Some punk student at BYU caused a shenanigan by writing some Arabic conjugations on the ground with chalk. We know they were conjugations because the police were called to come check it out. They eventually found an Arabic speaker who informed them that it was, in fact, Arabic grammar practice and not an Al-Qaeda training manual. This example illustrates that it is not necessarily a language people should fear, but those who try to learn it as adults. For what type of impudent fetcher out there would tag BYU's sacred grounds?

It is amazing to me that many Americans are frightened by the mere appearance of an orthography. How odd. Perhaps I should use that on the bus if I am ever in a tight spot, "back up homey or I'll scribble some Arabic all up in yo face."

Liz Johnson said...

My grandmother (bless her sweet heart) was sending out Christmas cards about 10 years ago with the help of my mom and sister. My mom had bought some stamps that had two gingerbread men on them - one a sugar cookie, the other a gingerbread cookie. My grandma made my mother take them back and exchange them for stamps that "don't promote interracial marriage." She was offended to the core. Granted, my grandma was always known to be a tad racist, but geez!

And yeah, if you mention it... it looks a little like a Christmas tree. But I wouldn't have thought that without squinting and being told to look for it.

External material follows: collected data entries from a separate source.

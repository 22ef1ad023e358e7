-- ===== src/Net/Page.antt =====
-- The HTTP response of `send_http_response` in src/net.rs, described without the code that writes it.
use qore_os.Base.{
  ℕ, zero, suc, ◌+◌, ◌/◌, ◌%◌, ◌≤◌, ◌≡◌, refl, List, [], ◌∷◌, ◌++◌, Option, none, some, arith,
  length, length-append, ◌==◌, if_intro,
}
use qore_os.Text.{codes, decimal, decimal_digits, value, value-decimal}
use qore_os.Net.{http_body, file_content}

-- Decimal digits in ASCII.
abbrev pub AllDigits : List ℕ → Type 0
AllDigits [] = Unit {0}
AllDigits (d ∷ ds) = (48 ≤ d) × (d ≤ 57) × AllDigits ds

-- The text of HTTP_PAYLOAD, or what is served where there is none.
abbrev pub page_text : Option (List ℕ) → List ℕ
page_text none = codes "ERROR: NO PAYLOAD FOUND IN RING-0 MEMORY"
page_text (some text) = text

-- A response of status 200 whose lines give the text's length, an empty line, and the whole text.
pub record IsPage (body text : List ℕ) : Type 0 where
  pub digits : List ℕ
  pub decimal : AllDigits digits
  pub size : value 0 digits ≡ length text
  pub lines :
      body
      ≡ codes "HTTP/1.1 200 OK\r\nContent-Type: text/plain\r\nContent-Length: "
        ++ (digits ++ (codes "\r\nConnection: close\r\n\r\n" ++ text))

decimal_digits-AllDigits :
    (fuel n : ℕ) (acc : List ℕ) → AllDigits acc → AllDigits (decimal_digits fuel n acc)
unfolding decimal_digits
decimal_digits-AllDigits zero n acc h = h
decimal_digits-AllDigits (suc fuel) n acc h =
    let digit : AllDigits ((48 + n % 10) ∷ acc) = (omega arith, omega arith, h) in
    if_intro AllDigits (n / 10 == 0) (λ _. digit)
      λ _. decimal_digits-AllDigits fuel (n / 10) ((48 + n % 10) ∷ acc) digit

length_lt : (text : List ℕ) → length (http_body text) ≤ 65481 → length text ≤ 65481
unfolding http_body
length_lt text h =
    let head = codes "HTTP/1.1 200 OK\r\nContent-Type: text/plain\r\nContent-Length: " in
    let tail = codes "\r\nConnection: close\r\n\r\n" in
    let digits = decimal (length text) in
    omega (
      arith,
      h,
      length-append head (digits ++ (tail ++ text)),
      length-append digits (tail ++ text),
      length-append tail text,
    )

pub http_body-IsPage :
    (text : List ℕ) → length (http_body text) ≤ 65481 → IsPage (http_body text) text
unfolding http_body decimal
http_body-IsPage text h = record {
  digits = decimal (length text);
  decimal = decimal_digits-AllDigits 20 (length text) [] tt;
  size = value-decimal (length text) (omega (arith, length_lt text h));
  lines = refl;
}

pub file_content-page_text : (o : Option (List ℕ)) → file_content o ≡ page_text o
file_content-page_text none = refl
file_content-page_text (some text) = refl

Jeremy, I admire your dedication to keeping your family safe.

Bridget said...

Jeremy has been writing formal academic proposals for so long that he doesn't know how to tone it down for my blog. Sheesh!

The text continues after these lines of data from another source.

-- ===== src/Net/Replies.antt =====
-- The two replies that the kernel sends: what they say, and that a receiver accepts them.
use qore_os.Base.{
  ℕ, suc, ◌+◌, ◌%◌, ◌^◌, ◌≡◌, refl, ap, List, [], ◌∷◌, ◌++◌, arith, length, get_or, length-append,
  get_or_past,
}
use qore_os.E1000.Arp.{Mac, Ip}
use qore_os.Net.{craft_base_tcp_frame, recalculate_checksums, syn_ack_frame, http_frame, put16}
use qore_os.Net.Craft.{
  Segment, Says, Fits, Delivers, AllBytes-IsFrame, AllBytes-append, recalculate-Delivers,
}

-- The maximum segment size option of the SYN-ACK, after the fixed header, as its four bytes.
abbrev pub syn_ack : Mac → Ip → ℕ → ℕ → Segment
syn_ack mac ip port client_seq = record {
  mac = mac;
  ip = ip;
  port = port;
  seq = 0xCAFEBABE;
  ack = (client_seq + 1) % 2 ^ 32;
  flags = 0x12;
  tcp_hl = 24;
  body = [];
}

abbrev pub http_response : Mac → Ip → ℕ → ℕ → ℕ → List ℕ → Segment
http_response mac ip port my_seq ack body = record {
  mac = mac;
  ip = ip;
  port = port;
  seq = my_seq;
  ack = ack;
  flags = 0x18;
  tcp_hl = 20;
  body = body;
}

abbrev crafted : Segment → List ℕ
crafted s = craft_base_tcp_frame s.mac s.ip s.port s.seq s.ack s.flags s.tcp_hl

get_or-append_right : (xs ys : List ℕ) (i : ℕ) → get_or (xs ++ ys) (length xs + i) 0 ≡ get_or ys i 0
get_or-append_right [] ys i = ap (λ k. get_or ys k 0) (omega arith)
get_or-append_right (x ∷ xs) ys i =
    let e : suc (length xs) + i ≡ suc (length xs + i) = omega arith in
    rw e (get_or-append_right xs ys i)

syn_ack-Says :
    (mac : Mac) (ip : Ip) (port client_seq : ℕ)
    → Fits (syn_ack mac ip port client_seq)
    → Says (crafted (syn_ack mac ip port client_seq)) (syn_ack mac ip port client_seq)
unfolding craft_base_tcp_frame
syn_ack-Says mac ip port client_seq h = record {
  bytes = AllBytes-IsFrame (crafted (syn_ack mac ip port client_seq)) (omega (arith, h.mac, h.ip));
  len = refl;
  dest_mac = refl;
  src_mac = refl;
  ethertype = refl;
  version_ihl = refl;
  total_length = refl;
  protocol = refl;
  src_ip = refl;
  dest_ip = refl;
  src_port = refl;
  dest_port = omega (arith, h.port);
  seq_num = refl;
  ack_num = omega arith;
  data_offset = refl;
  flag_bits = refl;
  body_bytes = λ i. get_or_past (crafted (syn_ack mac ip port client_seq)) (58 + i) 0 (omega arith);
}

-- The frame of the response before its checksums: the header with the length of the whole, and the
-- body.
abbrev with_length : Segment → List ℕ
with_length s = put16 (crafted s) 16 ((20 + 20 + length s.body) % 65536)

http_response-Says :
    (mac : Mac) (ip : Ip) (port my_seq ack : ℕ) (body : List ℕ)
    → Fits (http_response mac ip port my_seq ack body)
    → let s = http_response mac ip port my_seq ack body in Says (with_length s ++ body) s
unfolding craft_base_tcp_frame
http_response-Says mac ip port my_seq ack body h =
    let s = http_response mac ip port my_seq ack body in
    record {
      bytes =
          AllBytes-IsFrame (with_length s ++ body)
            (AllBytes-append (with_length s) body (omega (arith, h.mac, h.ip)) h.body);
      len = length-append (with_length s) body;
      dest_mac = refl;
      src_mac = refl;
      ethertype = refl;
      version_ihl = refl;
      total_length = omega (arith, h.size);
      protocol = refl;
      src_ip = refl;
      dest_ip = refl;
      src_port = refl;
      dest_port = omega (arith, h.port);
      seq_num = omega (arith, h.seq);
      ack_num = omega (arith, h.ack);
      data_offset = refl;
      flag_bits = refl;
      body_bytes = get_or-append_right (with_length s) body;
    }

http_frame_split :
    (mac : Mac) (ip : Ip) (port my_seq ack : ℕ) (body : List ℕ)
    → http_frame mac ip port my_seq ack body
      ≡ recalculate_checksums (with_length (http_response mac ip port my_seq ack body) ++ body)
unfolding http_frame craft_base_tcp_frame
http_frame_split mac ip port my_seq ack body = refl

-- For addresses of bytes and a 16-bit port, the SYN-ACK frame goes to the peer's addresses and port,
-- from the kernel's and port 80, with SYN and ACK set, sequence number 0xCAFEBABE, and the client's
-- sequence number plus 1 (modulo 2 ^ 32) acknowledged; its lengths are right, and a receiver's IPv4
-- and TCP checksum tests accept it.
pub syn_ack_frame-Delivers :
    (mac : Mac) (ip : Ip) (port client_seq : ℕ)
    → Fits (syn_ack mac ip port client_seq)
    → Delivers (syn_ack_frame mac ip port client_seq) (syn_ack mac ip port client_seq)
unfolding syn_ack_frame
syn_ack_frame-Delivers mac ip port client_seq h =
    recalculate-Delivers (crafted (syn_ack mac ip port client_seq)) (syn_ack mac ip port client_seq)
      (omega arith) (omega arith) (omega arith) (syn_ack-Says mac ip port client_seq h)

-- For addresses of bytes, a 16-bit port, 32-bit sequence numbers and a body of at most 65491 bytes,
-- the response frame goes to the peer's addresses and port, from the kernel's and port 80, with PSH
-- and ACK set and the numbers given; it carries the body, with the right lengths, and a receiver's
-- IPv4 and TCP checksum tests accept it.
pub http_frame-Delivers :
    (mac : Mac) (ip : Ip) (port my_seq ack : ℕ) (body : List ℕ)
    → Fits (http_response mac ip port my_seq ack body)
    → Delivers (http_frame mac ip port my_seq ack body) (http_response mac ip port my_seq ack body)
http_frame-Delivers mac ip port my_seq ack body h =
    let s = http_response mac ip port my_seq ack body in
    rw (http_frame_split mac ip port my_seq ack body) (
      recalculate-Delivers (with_length s ++ body) s (omega arith) (omega arith) h.size
        (http_response-Says mac ip port my_seq ack body h))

An account of the BYU sidewalk chalk terrorism is here.

Liz, your grandma sounds kind of like my grandma. Grandma, are you reading this?

Shannan said...

I'm not quite sure what Eid is - is that bad?

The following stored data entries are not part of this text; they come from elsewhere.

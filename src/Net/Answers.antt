-- ===== src/Net/Answers.antt =====
-- Which packets the kernel answers, and with what.
use mathlib.Core.Path.{subst}
use qore_os.Base.{
  ℕ, ◌+◌, ◌%◌, ◌^◌, ◌≤◌, ◌<◌, ◌≡◌, refl, ◌∙◌, Bool, true, false, ◌&&◌, ◌||◌, if◌then◌else◌, List,
  arith, length,
}
use qore_os.Text.{codes}
use qore_os.Machine.{Hardware}
use qore_os.E1000.{Kernel, terminal_print, transmit}
use qore_os.E1000.Transmit.{Sent, Placed, transmit-Sent}
use qore_os.Net.{
  be16, be32, ip_at, inject_frame, syn_ack_frame, http_frame, http_body, file_content,
  send_tcp_syn_ack, send_http_response, target_mac_of, handle_incoming_packet,
}
use qore_os.Net.Craft.{Fits, Delivers, Segment}
use qore_os.Net.Replies.{syn_ack, http_response, syn_ack_frame-Delivers, http_frame-Delivers}
use qore_os.Net.Page.{IsPage, page_text, http_body-IsPage, file_content-page_text}
use qore_os.Net.Handle.{
  tcp_at, data_len_of, is_for_server, has_syn, has_psh, has_get, syn_log, syn_reply, get_reply,
  handle_lem,
}

-- A packet changes nothing at all, unless it is a whole TCP segment to 10.0.2.15, port 80, with SYN
-- set, or with PSH set and data inside the packet that starts with "GET".
pub handle_silent :
    (hw : Hardware) (p : List ℕ) (k : Kernel)
    → (is_for_server p && (has_syn p || (has_psh p && has_get p))) ≡ false
    → handle_incoming_packet hw p k ≡ k
handle_silent hw p k h =
    handle_lem hw p k ∙ quiet (is_for_server p) (has_syn p) (has_psh p) (has_get p) h
  where
    quiet :
        (a b c d : Bool)
        → (a && (b || (c && d))) ≡ false
        → (if a
            then (if b
                then syn_reply hw p k
                else if c
                then (if d then get_reply hw p k else k)
                else k)
            else k)
          ≡ k
    quiet false b c d e = refl
    quiet true true c d e = cc
    quiet true false false d e = refl
    quiet true false true true e = cc
    quiet true false true false e = refl

-- The segment that answers a SYN, and the one that answers a GET: to the sender, at the hardware
-- address that the ARP cache has for it or else at the broadcast address.
abbrev pub syn_answer : List ℕ → Kernel → Segment
syn_answer p k =
    syn_ack (target_mac_of k (ip_at p 26)) (ip_at p 26) (be16 p (tcp_at p)) (be32 p (tcp_at p + 4))

abbrev pub get_answer : List ℕ → Kernel → Segment
get_answer p k =
    http_response (target_mac_of k (ip_at p 26)) (ip_at p 26) (be16 p (tcp_at p))
      (be32 p (tcp_at p + 8)) ((be32 p (tcp_at p + 4) + data_len_of p) % 2 ^ 32)
      (http_body (file_content k.http_payload))

abbrev pub syn_answer_frame : List ℕ → Kernel → List ℕ
syn_answer_frame p k =
    syn_ack_frame (target_mac_of k (ip_at p 26)) (ip_at p 26) (be16 p (tcp_at p))
      (be32 p (tcp_at p + 4))

abbrev pub get_answer_frame : List ℕ → Kernel → List ℕ
get_answer_frame p k = let s = get_answer p k in http_frame s.mac s.ip s.port s.seq s.ack s.body

-- A frame sent between two lines on the console is sent.
transmit_between :
    (hw : Hardware) (frame : List ℕ) (len : ℕ) (k : Kernel) (text : List ℕ) (color : ℕ)
    (text' : List ℕ) (color' : ℕ)
    → Placed hw frame k
    → len < 2 ^ 16
    → Sent hw frame len k
        (terminal_print text' color' (transmit hw frame len (terminal_print text color k)))
transmit_between hw frame len k text color text' color' placed h =
    let k1 = terminal_print text color k in
    let s = transmit-Sent hw frame len k1 (record { apart = placed.apart; fits = placed.fits }) h in
    record {
      address = s.address;
      bytes = s.bytes;
      len_field = s.len_field;
      cmd = s.cmd;
      next = s.next;
      in_ring = s.in_ring;
      tail = s.tail;
    }

syn_reply_lem :
    (hw : Hardware) (p : List ℕ) (k : Kernel)
    → syn_reply hw p k
      ≡ terminal_print (codes "> NET: [SYN-ACK] TRANSMITTED TO HOST.\n") 0x3B82F6 (
          transmit hw
            (syn_answer_frame p k)
            (length (syn_answer_frame p k) % 65536)
            (terminal_print (syn_log p) 0xF59E0B k))
unfolding syn_reply send_tcp_syn_ack inject_frame target_mac_of
syn_reply_lem hw p k = refl

get_reply_lem :
    (hw : Hardware) (p : List ℕ) (k : Kernel)
    → get_reply hw p k
      ≡ terminal_print (codes "> NET: HTTP 200 OK RESPONSE SERVED. SOCKET CLOSED.\n") 0x10B981 (
          transmit hw
            (get_answer_frame p k)
            (length (get_answer_frame p k) % 65536)
            (terminal_print (codes "> NET: HTTP [GET] REQUEST INTERCEPTED!\n") 0x10B981 k))
unfolding get_reply send_http_response inject_frame target_mac_of
get_reply_lem hw p k = refl

-- A SYN segment to the server, with fields that fit and a place for the frame apart from its
-- descriptor, is answered by one frame on the transmit ring: the SYN-ACK to the sender, which a
-- receiver accepts.
pub handle_syn :
    (hw : Hardware) (p : List ℕ) (k : Kernel)
    → is_for_server p ≡ true
    → has_syn p ≡ true
    → Fits (syn_answer p k)
    → Placed hw (syn_answer_frame p k) k
    → Sent hw (syn_answer_frame p k) 58 k (handle_incoming_packet hw p k)
      × Delivers (syn_answer_frame p k) (syn_answer p k)
handle_syn hw p k server syn fits placed =
    let delivers =
      syn_ack_frame-Delivers (target_mac_of k (ip_at p 26)) (ip_at p 26) (be16 p (tcp_at p))
        (be32 p (tcp_at p + 4)) fits in
    let size : length (syn_answer_frame p k) % 65536 ≡ 58 = omega (arith, delivers.0.len) in
    (
      rw (handle_lem hw p k, server, syn, syn_reply_lem hw p k, size)
          (transmit_between hw (syn_answer_frame p k) 58 k (syn_log p) 0xF59E0B _ _ placed
            (omega arith)),
      delivers,
    )

-- A segment to the server with PSH and without SYN, whose data lies inside the packet and starts with
-- "GET", with fields that fit, a place for the frame apart from its descriptor, and a frame of at most 65535
-- bytes, is answered by this frame on the transmit ring: a segment to the sender that acknowledges the data,
-- and which a receiver accepts. Its body is a page of status 200 with the whole text of HTTP_PAYLOAD, or the
-- error text where there is none, and with the text's length as Content-Length.
pub handle_get :
    (hw : Hardware) (p : List ℕ) (k : Kernel)
    → is_for_server p ≡ true
    → has_syn p ≡ false
    → has_psh p ≡ true
    → has_get p ≡ true
    → Fits (get_answer p k)
    → length (get_answer p k).body ≤ 65481
    → Placed hw (get_answer_frame p k) k
    → Sent hw
        (get_answer_frame p k)
        (54 + length (get_answer p k).body)
        k
        (handle_incoming_packet hw p k)
      × Delivers (get_answer_frame p k) (get_answer p k)
      × IsPage (get_answer p k).body (page_text k.http_payload)
handle_get hw p k server syn psh get fits size placed =
    let s = get_answer p k in
    let delivers = http_frame-Delivers s.mac s.ip s.port s.seq s.ack s.body fits in
    let len : length (get_answer_frame p k) % 65536 ≡ 54 + length s.body =
      omega (arith, delivers.0.len, size) in
    (
      rw (handle_lem hw p k, server, syn, psh, get, get_reply_lem hw p k, len)
          (transmit_between hw (get_answer_frame p k) (54 + length s.body) k
            (codes "> NET: HTTP [GET] REQUEST INTERCEPTED!\n") 0x10B981 _ _ placed
            (omega (arith, size))),
      delivers,
      subst (IsPage s.body) (file_content-page_text k.http_payload)
          (http_body-IsPage (file_content k.http_payload) size),
    )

Anyway I don't think this applies to you, but thought I would mention it. I absolutely H-A-T-E going to the post office. Salem's post office must be a fun hangout for the older crowd because they are always there congesting the line and want to chat with you for the 30 minutes you're waiting. So I figured out how to and I've been happily printing out my own postage at home ever since. all you need is your debit/credit card. priceless!

p.s. you can also order stamps online too.

Anonymous said...

I love the Eid stamps! One time, some years ago, a post office employee suggested them to me because she saw that I was mailing an application packet for an Arabic program, and thought I might be interested. Another time, however, I requested the Eid stamps, and the employee who "helped" me that day glared and told me that those weren't the prettiest stamps.


Anonymous said...

I would have chosen the Frank SINATRA stamp....:-)


Susanne said...

The tale of the interracial gingerbread stamps was hilarious. I literally laughed out loud at that comment! :-D :-D :-D

I just assumed Eid was a Muslim holiday and since I'm not a Muslim, I wouldn't buy them. Not out of stamp prejudice, but simply because I don't "believe in" Islam. Since my friends celebrate Christmas, I generally choose Christmas stamps. Now I know that Eid is also used for Arab Christians (e.g. Eid al-milad)so maybe I could use them. Although I don't know what the Arabic writing says. Does it say "eid" or something else?

Bridget said...

The stamps says "Eid Mubarak" - Happy Eid. Jeremy pointed out that THE Eid is actually at the end of Ramadan, which only rarely falls within the "holiday season," but I think these stamps are meant to have wider applicability. If I recall correctly, Christmas can be called Eid (at least, Christmas Eve can be "leilat el-Eid"), and as Susanne said, it can be used for birthday, too.

I don't know. I just think it's a pretty stamp. I'm a sucker for Arabic calligraphy, I guess.

Susanne said...

Bridget, oh thanks for telling me the name for Christmas Eve in Arabic. I got Eid al-milad from my Syrian friend - just yesterday, in fact. *I* have no idea. He just told me that it was the "holiday of the birth" according to the Arab Christians. His family, of course, celebrates the 2 Muslim holidays. I didn't see Jeremy's post about THE Eid after Ramadan. Maybe that is the one that was deleted. :-)

Hareega said...

Yes, I always refer to Christmas or Easter or my own borthday as Eid, it roughly means a celebration in Arabic.